“We are what we eat.” We all know the saying, but relatively few of us take it to heart. What we put in our mouths is what our bodies will use not only as fuel, but also as the building blocks of life inside our bodies. What we eat is used to make hormones, enzymes, living cells, tissue, blood, and bone. The highly processed foods, refined sugars, high sodium, and junk foods of our modern world supply calories, but are lacking in the fiber, minerals, and vitamins our bodies truly crave.
Cancer, obesity, diabetes, and heart disease all are compounded by the deterioration of our food quality and our digestive health. Avoid foods that damage digestion. These include processed meats and other processed foods, trans fats, very hot peppers, acidic foods, dairy, fried foods, alcohol, coffee, soft drinks, refined sugar, and high sodium foods. Each one of these inhibits digestion, lacks any real nutrition, or robs the body of vitamins and minerals. The stomach likes moderation, not the extremes found in many of our modern fares. Try fresh, organic whole foods that boost digestion and supply the nutrients the body is truly looking for.

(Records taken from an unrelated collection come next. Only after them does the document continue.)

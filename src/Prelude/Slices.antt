-- ===== src/Prelude/Slices.antt =====
-- Methods of `str` that look for a pattern or cut a part off, on the bytes of a text.
pub mod Find
pub mod Trim
use Prim.Native.Nat.{ℕ, zero, suc, ◌-◌}
use mathlib.Core.Bool.{Bool, true, false, ◌&&◌}
use mathlib.Core.Option.{Option, none, some}
use mathlib.Core.List.{List, [], ◌∷◌, ◌++◌}
use alpha_swarm.Prelude.Tests.{nat_eq, leb, ltb, if◌then◌else◌}
use alpha_swarm.Prelude.Lists.{take, length, filter}
use alpha_swarm.Prelude.Texts.{Text, text_eq, contains}
use alpha_swarm.Prelude.Keys.{is_prefix}

abbrev plus_one : Option ℕ → Option ℕ
plus_one none = none
plus_one (some n) = some (suc n)

-- `find`: where the pattern first begins.
unfoldable pub text_find : Text → Text → Option ℕ
unfolding is_prefix
text_find pattern [] = if is_prefix pattern [] then some 0 else none
text_find pattern (b ∷ bs) =
    let later = text_find pattern bs in
    if is_prefix pattern (b ∷ bs) then some 0 else plus_one later

-- `rfind`: where the pattern last begins.
unfoldable pub text_rfind : Text → Text → Option ℕ
unfolding is_prefix
text_rfind pattern [] = if is_prefix pattern [] then some 0 else none
text_rfind pattern (b ∷ bs) = elim (text_rfind pattern bs) [
  | some n ↦ some (suc n)
  | none ↦ if is_prefix pattern (b ∷ bs) then some 0 else none
]

-- `contains` of a text.
unfoldable pub text_contains : Text → Text → Bool
unfolding text_find
text_contains t pattern = elim (text_find pattern t) [ none ↦ false | some n ↦ true ]

abbrev pub starts_with : Text → Text → Bool
starts_with t pattern = is_prefix pattern t

abbrev pub drop : ℕ → Text → Text
drop zero bs = bs
drop (suc n) [] = []
drop (suc n) (b ∷ bs) = drop n bs

-- `&t[from..to]`, which panics when the end is before the start.
abbrev pub slice : ℕ → ℕ → Text → Option Text
slice from to t = if leb from to then some (take (to - from) (drop from t)) else none

-- `strip_prefix`
unfoldable pub strip_prefix : Text → Text → Option Text
unfolding is_prefix
strip_prefix pattern t = if is_prefix pattern t then some (drop (length pattern) t) else none

-- A byte inside a character of UTF-8, not its first.
abbrev pub is_continuation : ℕ → Bool
is_continuation b = leb 128 b && ltb b 192

abbrev joins : List Text → Bool
joins ((b ∷ bs) ∷ cs) = is_continuation b
joins _ = false

abbrev onto_head : ℕ → List Text → List Text
onto_head b [] = (b ∷ []) ∷ []
onto_head b (c ∷ cs) = (b ∷ c) ∷ cs

-- `chars`: the characters of a valid text, each as its bytes.
unfoldable pub chars : Text → List Text
chars [] = []
chars (b ∷ bs) = let rest = chars bs in if joins rest then onto_head b rest else (b ∷ []) ∷ rest

abbrev pub concat : List Text → Text
concat [] = []
concat (t ∷ ts) = t ++ concat ts

-- `t.chars().take(n).collect()`
unfoldable pub take_chars : ℕ → Text → Text
unfolding chars
take_chars n t = concat (take n (chars t))

-- The characters with the Unicode property `White_Space`.
abbrev white_space : List Text
white_space =
    (9 ∷ [])
    ∷ (10 ∷ [])
    ∷ (11 ∷ [])
    ∷ (12 ∷ [])
    ∷ (13 ∷ [])
    ∷ (32 ∷ [])
    ∷ (194 ∷ 133 ∷ [])
    ∷ (194 ∷ 160 ∷ [])
    ∷ (225 ∷ 154 ∷ 128 ∷ [])
    ∷ (226 ∷ 128 ∷ 128 ∷ [])
    ∷ (226 ∷ 128 ∷ 129 ∷ [])
    ∷ (226 ∷ 128 ∷ 130 ∷ [])
    ∷ (226 ∷ 128 ∷ 131 ∷ [])
    ∷ (226 ∷ 128 ∷ 132 ∷ [])
    ∷ (226 ∷ 128 ∷ 133 ∷ [])
    ∷ (226 ∷ 128 ∷ 134 ∷ [])
    ∷ (226 ∷ 128 ∷ 135 ∷ [])
    ∷ (226 ∷ 128 ∷ 136 ∷ [])
    ∷ (226 ∷ 128 ∷ 137 ∷ [])
    ∷ (226 ∷ 128 ∷ 138 ∷ [])
    ∷ (226 ∷ 128 ∷ 168 ∷ [])
    ∷ (226 ∷ 128 ∷ 169 ∷ [])
    ∷ (226 ∷ 128 ∷ 175 ∷ [])
    ∷ (226 ∷ 129 ∷ 159 ∷ [])
    ∷ (227 ∷ 128 ∷ 128 ∷ [])
    ∷ []

-- `char::is_whitespace`, for a character as its bytes.
unfoldable pub is_space : Text → Bool
unfolding text_eq
is_space c = contains white_space c

abbrev pub drop_while : (Text → Bool) → List Text → List Text
drop_while p [] = []
drop_while p (c ∷ cs) = if p c then drop_while p cs else c ∷ cs

abbrev pub drop_end : (Text → Bool) → List Text → List Text
drop_end p [] = []
drop_end p (c ∷ cs) = elim (drop_end p cs) [ [] ↦ if p c then [] else c ∷ [] | d ∷ ds ↦ c ∷ d ∷ ds ]

-- `trim_matches` with a test of characters.
unfoldable pub trim_matches : (Text → Bool) → Text → Text
unfolding chars
trim_matches p t = concat (drop_end p (drop_while p (chars t)))

unfoldable pub trim : Text → Text
unfolding trim_matches is_space
trim t = trim_matches is_space t

unfoldable pub trim_start : Text → Text
unfolding chars is_space
trim_start t = concat (drop_while is_space (chars t))

-- The words of some characters; the first is the one that the characters begin with, if any.
abbrev words_of : List Text → List Text
words_of [] = [] ∷ []
words_of (c ∷ cs) =
    let rest = words_of cs in
    if is_space c then [] ∷ rest else elim rest [ [] ↦ c ∷ [] | w ∷ ws ↦ (c ++ w) ∷ ws ]

abbrev is_nonempty : Text → Bool
is_nonempty [] = false
is_nonempty (b ∷ bs) = true

unfoldable pub split_whitespace : Text → List Text
unfolding chars is_space
split_whitespace t = filter is_nonempty (words_of (chars t))

-- `split` at one byte.
unfoldable pub split_at_byte : ℕ → Text → List Text
split_at_byte b [] = [] ∷ []
split_at_byte b (c ∷ cs) =
    let rest = split_at_byte b cs in
    if nat_eq c b then [] ∷ rest else elim rest [ [] ↦ (c ∷ []) ∷ [] | w ∷ ws ↦ (c ∷ w) ∷ ws ]

-- `rsplit_once` at one byte: what is before and after its last occurrence.
unfoldable pub rsplit_once : ℕ → Text → Option (Text × Text)
rsplit_once b [] = none
rsplit_once b (c ∷ cs) = elim (rsplit_once b cs) [
  | some (before, after) ↦ some (c ∷ before, after)
  | none ↦ if nat_eq c b then some ([], cs) else none
]
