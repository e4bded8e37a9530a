-- ===== src/Session/Compaction/Usable.antt =====
-- internal/session/store.go: what `normalizeCompactionSummary` lets through.
use koios.Prelude.{
  ◌≡◌, false, arith, nat_eq, Text, text, text_eq, is_empty, trim_space, trim_space_idem,
  trim_prefix, trim_suffix,
}
use koios.Session.Compaction.{usable, strip_element, is_silent, normalize_compaction_summary}

trim_space-strip_element :
    (t : Text) → trim_space t ≡ t → trim_space (strip_element t) ≡ strip_element t
unfolding strip_element
trim_space-strip_element t h =
    ground
      (arith, trim_space_idem (trim_suffix (trim_prefix t (text "<summary>")) (text "</summary>")))

-- A summary that is accepted has no space at its ends, is not empty, and is no silent-reply token.
pub normalize_compaction_summary_usable :
    (summary t : Text)
    → normalize_compaction_summary summary ≡ usable t
    → (trim_space t ≡ t) × (is_empty t ≡ false) × (is_silent t ≡ false)
unfolding normalize_compaction_summary
normalize_compaction_summary_usable summary t h =
    ground (arith, trim_space-strip_element (trim_space summary) (trim_space_idem summary))
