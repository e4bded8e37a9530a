-- ===== src/Session/Lifecycle.antt =====
-- internal/session/store.go: resets and pruning of an idle session (`applyLifecycle`). Times are
-- numbers, with 0 for Go's zero time; a duration or a count that is not positive is 0.
use koios.Prelude.{
  ℕ, ◌-◌, Bool, false, not, ◌&&◌, Option, none, some, [], ltb, leb, nat_eqb, if◌then◌else◌, nat_eq,
  text_eq, is_empty,
}
use koios.Session.Data.{Session, truncate_file, rewrite_file}
use koios.Session.Prune.{prune_session_messages}

-- `time.Date(now.Year(), now.Month(), now.Day(), m / 60, m % 60, 0, 0, loc)` for the local day that
-- holds `now`: package `time`, with the location's calendar.
abbrev pub Cutover : Type 0
Cutover = ℕ → ℕ → ℕ

-- `dailyResetMins`, which is -1 where no reset time is configured.
unfoldable pub should_daily_reset : Cutover → ℕ → ℕ → Option ℕ → Bool
should_daily_reset cutover now last none = false
should_daily_reset cutover now last (some minutes) =
    let c = cutover now minutes in if ltb now c then false else ltb last c

pub record Lifetimes : Type 0 where
  pub idle_reset_after : ℕ
  pub idle_prune_after : ℕ
  pub idle_prune_keep : ℕ
  pub daily_reset_mins : Option ℕ

pub data Action : Type 0 where
  nothing idle idle_prune daily : Action

-- `len(sess.Messages) == 0` and the idle reset come first, then idle pruning, then the daily reset,
-- which is also tried where idle pruning removed nothing.
unfoldable pub daily_step : Cutover → Bool → Lifetimes → ℕ → Session → Session × Action
daily_step cutover accepted l now s =
    if not (nat_eqb s.last_activity 0)
      && should_daily_reset cutover now s.last_activity l.daily_reset_mins
    then (truncate_file accepted (record s { messages = []; last_activity = now }), daily)
    else (s, nothing)

unfoldable pub idle_prune_step : Cutover → Bool → Lifetimes → ℕ → Session → Session × Action
idle_prune_step cutover accepted l now s =
    let (s', pruned) = prune_session_messages l.idle_prune_keep s in
    if ltb 0 l.idle_prune_after
      && ltb 0 l.idle_prune_keep
      && not (nat_eqb s.last_activity 0)
      && leb l.idle_prune_after (now - s.last_activity)
      && pruned
    then (rewrite_file accepted s', idle_prune)
    else daily_step cutover accepted l now s

unfoldable pub apply_lifecycle : Cutover → Bool → Lifetimes → ℕ → Session → Session × Action
apply_lifecycle cutover accepted l now s =
    if is_empty s.messages
    then (s, nothing)
    else if ltb 0 l.idle_reset_after
        && not (nat_eqb s.last_activity 0)
        && leb l.idle_reset_after (now - s.last_activity)
    then (truncate_file accepted (record s { messages = []; last_activity = now }), idle)
    else idle_prune_step cutover accepted l now s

Kim Chi and Sauerkraut – Fermented foods like these are easy to digest and promote the growth of healthy bacteria in the colon. Cabbage is also rich in fiber that aids digestion and clears out toxins. Coconut or almond yogurt is also a good choice.
Sweet Potatoes – These tubers are much healthier than their white alternatives. Sweet potatoes are rich in fiber, vitamin A, B6, vitamin C, magnesium, and complex carbohydrates. B6 is important in helping the digestive system process protein.
Whole Grains – Whole grains are extremely rich in fiber and many other vitamins and minerals. Many grains do contain phytates that resist digestion, so soaked, sprouted, or fermented grains are the best bet. Also choose grains that don’t contain gluten like brown rice, oats, and the grain-like quinoa.
Bananas – These fruits contain a large amount of fiber and potassium. Potassium restores electrolyte balance which is important for digestion as well as hydration.
Ginger – This spice has a soothing effect on the digestive system when used in moderation. Ginger relieves nausea, motion sickness, gas, vomiting, morning sickness, colic, and loss of appetite. Ginger is also a natural pain reliever and natural antihistamine.
Beets – Beets are rich in fiber, potassium, and magnesium. These nutrients are all beneficial to the digestive system.
Water – Water is essential for any bodily process, including digestion. The breakdown and absorption of nutrients cannot be accomplished without proper hydration. Lack of sufficient water is also the main reason for constipation.
Dates, Figs, and Prunes – These sweet fruits are packed with fiber to clear toxins and slow the release of nutrients so the rest of the body can keep up with the regular supply and demand.
Lentils – Beans and legumes supply plenty of fiber, but can contribute to gas. Lentils cause much less gas. They also act as prebiotics, feeding the good bacteria that are vital to healthy digestion.
Apples – These fruits are rich in several types of fiber, including pectin, which helps remove cholesterol. Apples are also good for hydration.
Chia Seeds – Chia seeds are rich in soluble and insoluble fiber, both of which have distinct benefits for digestion. Chia also supplies healthy essential fatty acids. These healthy fats help the body absorb certain vitamins and they also stimulate other organs tied to digestion, the liver, gall bladder, and pancreas.
Avocado – Like chia seeds, avocado is very rich in fiber and healthy fats the body needs.
Pineapple and Papaya – These fruits contain enzymes that help the body break down proteins for smoother digestion, easing of heartburn, and better absorption. They can easily be added to smoothies or eaten fresh.
Coconut Oil – Coconut oil supplies energy, is rich in healthy fats, and has antimicrobial properties to keep the digestive system free from yeasts, fungi, and bad bacteria that interfere with proper digestion. Coconut oil also reduces inflammation.